MATH/COSC 3570 Introduction to Data Science (Spring 2026)

This course introduces main aspects of doing a practical data science project, from importing data to deploying what is learned from data. We start with learning popular data science tools such as basic R and Python programming, Git and GitHub, and interactive publishing system Quarto. Then we learn data importing, data visualization and data wrangling using both R and Python. The second half of the course focuses on several basic simulation and machine learning methods, including Monte Carlo simulation, linear regression, K-nearest neighbors, logistic regression, principal component analysis, and K-means clustering. We learn R tidyverse and tidymodels packages.
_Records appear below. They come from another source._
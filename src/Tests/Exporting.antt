-- ===== src/Tests/Exporting.antt =====
-- The theorems on what reports are turned into, run on two stacks.
use pprof_rs.Prelude.{
  ℕ, zero, suc, ◌≡◌, refl, none, some, List, [], ◌∷◌, ◌++◌, map, replicate, All, All-replicate,
  Returns, codes,
}
use pprof_rs.Prelude.Int.{pos}
use pprof_rs.Timer.{ClockType}
use pprof_rs.Frames.{Text, Frames, Resolver, raw_name, name, thread_name_or_id}
use pprof_rs.Collector.Bucket.{Entry}
use pprof_rs.Report.{HashMap}
use pprof_rs.Report.Builder.{Report}
use pprof_rs.Report.Writer.{Writer, vector, write_each, concat}
use pprof_rs.Report.Folded.{write_entry, write_frames, write_symbols, write_folded, flamegraph_line}
use pprof_rs.Report.Folded.Reading.{entry_texts, folded_texts, write_folded-each}
use pprof_rs.Report.Folded.Split.{Free}
use pprof_rs.Report.Folded.RoundTrip.{
  read_folded, IsField, HasFields, folded_of, counted, write_folded-reads,
}
use pprof_rs.Report.Folded.Lines.{flamegraph_line-folded}
use pprof_rs.Report.Speedscope.{escape_json, collect, no_tables}
use pprof_rs.Report.Speedscope.Json.{read_string, read_string-escape_json}
use pprof_rs.Report.Speedscope.Samples.{Holds, collect-Holds}
use pprof_rs.Pprof.{HashSet}
use pprof_rs.Pprof.Interning.{stack_names}
use pprof_rs.Pprof.Cpu.{pprof}
use pprof_rs.Pprof.Cpu.Encoding.{Decodes, pprof-Decodes}
use pprof_rs.Pprof.Heap.{heap_pprof}
use pprof_rs.Pprof.Heap.Encoding.{heap_pprof-Decodes}
use pprof_rs.Pprof.Heap.Encoding
use pprof_rs.Tests.Fixtures.{numbers, symbol_of}
use pprof_rs.Tests.Allocating.{two_records}

-- A set that yields its strings as they were inserted.
abbrev in_order : HashSet
in_order = record { iterate = λ ts. ts; keeps = λ t ts. refl }

-- Numbers are written as that many strokes.
abbrev strokes : Resolver ℕ
strokes = record numbers { show_number = λ n. replicate n b'1' }

abbrev frames_of : List ℕ → Frames
frames_of ips = record {
  frames = map (λ ip. symbol_of ip ∷ []) ips;
  thread_name = codes "main";
  thread_id = 1;
  sample_timestamp = 5;
}

abbrev inner_entry : Entry Frames
inner_entry = record { item = frames_of (b'f' ∷ b'g' ∷ []); count = 3 }

abbrev entries : HashMap Frames
entries = inner_entry ∷ record { item = frames_of (b'g' ∷ []); count = 2 } ∷ []

abbrev report : Report Frames
report = record {
  counts = entries;
  timing = record {
    frequency = pos 99;
    start_time = 7;
    duration = 1000;
    clock_type = ClockType.cpu;
  };
  missed_samples = 2;
}

pprof-Decodes_example : Returns (pprof strokes in_order report) (Decodes strokes in_order report 98)
pprof-Decodes_example = pprof-Decodes strokes in_order report 98 refl

heap_pprof-Decodes_example :
    Returns
      (heap_pprof strokes in_order two_records)
      (Encoding.Decodes strokes in_order two_records)
heap_pprof-Decodes_example = heap_pprof-Decodes strokes in_order two_records

-- A writer with room for some texts.
abbrev bounded : Writer ℕ ℕ
bounded = record { write_fmt = λ w t. elim w [ zero ↦ (0, some 28) | suc n ↦ (n, none) ] }

write_folded-each_example :
    write_folded strokes bounded entries 4 ≡ write_each bounded (folded_texts strokes entries) 4
write_folded-each_example = write_folded-each strokes bounded entries 4

-- The third entry does not fit, and the error is returned.
bounded_fails : write_folded strokes bounded entries 4 ≡ (0, some 28)
unfolding write_folded write_entry write_frames write_symbols
bounded_fails = refl

strokes-Free : (n : ℕ) → Free b' ' (replicate n b'1') × Free b'\n' (replicate n b'1')
strokes-Free n = (All-replicate _ n b'1' refl, All-replicate _ n b'1' refl)

entries-HasFields : All (HasFields strokes) entries
unfolding thread_name_or_id stack_names name raw_name
entries-HasFields =
    let main : IsField (codes "main") =
      ((refl, (refl, (refl, (refl, tt)))), (refl, (refl, (refl, (refl, tt))))) in
    let f : IsField (b'f' ∷ []) = ((refl, tt), (refl, tt)) in
    let g : IsField (b'g' ∷ []) = ((refl, tt), (refl, tt)) in
    ((main, (f, (g, tt))), ((main, (g, tt)), tt))

write_folded-reads_example :
    read_folded (write_folded strokes (vector {E = ℕ}) entries []).0
    ≡ map (folded_of strokes) (counted strokes entries)
write_folded-reads_example = write_folded-reads strokes entries strokes-Free entries-HasFields

flamegraph_line-folded_example :
    flamegraph_line strokes inner_entry ++ b'\n' ∷ [] ≡ concat (entry_texts strokes inner_entry)
flamegraph_line-folded_example = flamegraph_line-folded strokes inner_entry refl

-- A quote, a newline and a control character.
abbrev awkward : Text
awkward = b'a' ∷ b'"' ∷ b'\n' ∷ 31 ∷ []

read_string-escape_json_example :
    read_string (escape_json awkward ++ b'"' ∷ codes ",") ≡ some (awkward, codes ",")
read_string-escape_json_example = read_string-escape_json awkward (codes ",")

awkward_escaped : escape_json awkward ≡ codes "a\\\"\\n\\u001f"
unfolding escape_json
awkward_escaped = refl

collect-Holds_example : Holds strokes entries (collect strokes no_tables entries)
collect-Holds_example = collect-Holds strokes entries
For Python, Pandas, NumPy, and Scikit-Learn libraries are introduced.

Learning outcomes

By the end of the course, students will be able to:

Execute a reproducible data science workflow using R and Python with Quarto and version control practices (Git and GitHub) to produce, share, and update analyses.
Import, clean, reshape, and visualize data to create effective representations that support exploration and decision making.
Apply machine learning and statistical modeling methods including simulation and core supervised and unsupervised learning tools to detect patterns and evaluate model performance.
Design and communicate a practical data science project by posing meaningful questions, justifying method choices, acknowledging limitations, and presenting results with clear, reproducible materials and appropriate citation of external code and permitted generative AI use.

A series of six, generic data visualizations: a scatterplot, a density plot, a contour plot, a line plot, a box plot, and another scatterplot.